**Saved data entries**
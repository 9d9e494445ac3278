-- ===== src/Service/ChatService/Ack.antt =====
-- When `handleDeliveryAck` succeeds.
use lite_im.Prelude.{ℕ, ◌≡◌, ◌≢◌, ap, sym, ◌∙◌, [], ◌∷◌, ◌==◌, arith}
use lite_im.Status.{ok}
use lite_im.Protocol.MessageType.{delivery_ack_response}
use lite_im.Protocol.Tlv
use lite_im.Protocol.Packet.{Packet}
use lite_im.Protocol.TlvCodec.{get_uint64}
use lite_im.Protocol.TlvCodec.Records.{body_bytes}
use lite_im.Service.Action.Ensures.{
  Ensures, Ensures_ok, lift_then-Ensures, pure-Ensures, unless-Ensures, >>=-Ensures, then-Ensures,
}
use lite_im.Service.Records.{MessageRecord, RouterRequest, response_packet, delivered_value}
use lite_im.Service.Interfaces.{OnlineSessions, MessageStorage, UnreadCache}
use lite_im.Service.MessagePacketBuilder.RoundTrip.{
  Written, append_uint64-Written, bind_result-Written, number_field,
}
use lite_im.Service.ChatService.{append_ack, handle_delivery_ack}
use lite_im.Service.ChatService.Sent.{IsLoggedIn, current_user_id-IsLoggedIn}

append_ack-Written :
    (message : MessageRecord)
    → Written (append_ack message) [] (
        number_field Tlv.message_id message.message_id
        ∷ number_field Tlv.delivery_status delivered_value
        ∷ [])
append_ack-Written message =
    bind_result-Written _ _ _
      (append_uint64-Written Tlv.message_id message.message_id [] (omega arith) (omega arith))
      (λ b. append_uint64-Written Tlv.delivery_status delivered_value b (omega arith) (omega arith))

module _ {S : Type 0} (online_service : OnlineSessions S) (storage : MessageStorage S)
    (cache : UnreadCache S) where
  pub record Acknowledged (request : RouterRequest) (packet : Packet) (s s' : S) : Type 0 where
    pub user_id : ℕ
    pub message_id : ℕ
    pub message : MessageRecord
    pub user_state : S
    pub is_logged_in : IsLoggedIn online_service storage cache request user_id s user_state
    pub has_message_id : get_uint64 request.fields Tlv.message_id ≡ ok message_id
    pub some_message : message_id ≢ 0
    pub is_acknowledged :
        storage.ack_private_message_delivery user_id message_id user_state ≡ (ok message, s')
    pub is_answer :
        packet
        ≡ response_packet delivery_ack_response request (
            body_bytes (
              number_field Tlv.message_id message.message_id
              ∷ number_field Tlv.delivery_status delivered_value
              ∷ []))

  handle_delivery_ack-Ensures :
      (request : RouterRequest) (s : S)
      → Ensures
          (handle_delivery_ack online_service storage cache request)
          s
          (λ packet s'. Acknowledged request packet s s')
  unfolding handle_delivery_ack
  handle_delivery_ack-Ensures request s =
      then-Ensures _ s (current_user_id-IsLoggedIn online_service storage cache request s)
        (λ user_id s1 l. lift_then-Ensures _ s1 (λ message_id m.
          unless-Ensures (message_id == 0) _ s1 (λ n. >>=-Ensures _ s1 (λ message s2 a.
            lift_then-Ensures _ s2 (λ body b.
              let same = sym b ∙ (append_ack-Written message).written_as in
              pure-Ensures _ s2 (record {
                user_id = user_id;
                message_id = message_id;
                message = message;
                user_state = s1;
                is_logged_in = l;
                has_message_id = m;
                some_message = λ q. ground (arith, n, q);
                is_acknowledged = a;
                is_answer =
                    ap (response_packet delivery_ack_response request) (ground (arith, same));
              }))))))

  -- A delivery is acknowledged only for a user on an open session and for a message that the request names,
  -- and the storage has recorded it for this user; the response names the message as delivered.
  pub handle_delivery_ack-Acknowledged :
      (request : RouterRequest) (packet : Packet) (s s' : S)
      → handle_delivery_ack online_service storage cache request s ≡ (ok packet, s')
      → Acknowledged request packet s s'
  handle_delivery_ack-Acknowledged request packet s s' q =
      Ensures_ok (handle_delivery_ack-Ensures request s) q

**EXERCISE DETAILS**
Each line in the records above with "MessageRecord" must be returned.

**EXERCISE OUTPUT**
use lite_im.Service.Records.{MessageRecord, RouterRequest, response_packet, delivered_value}
    (message : MessageRecord)
    pub message : MessageRecord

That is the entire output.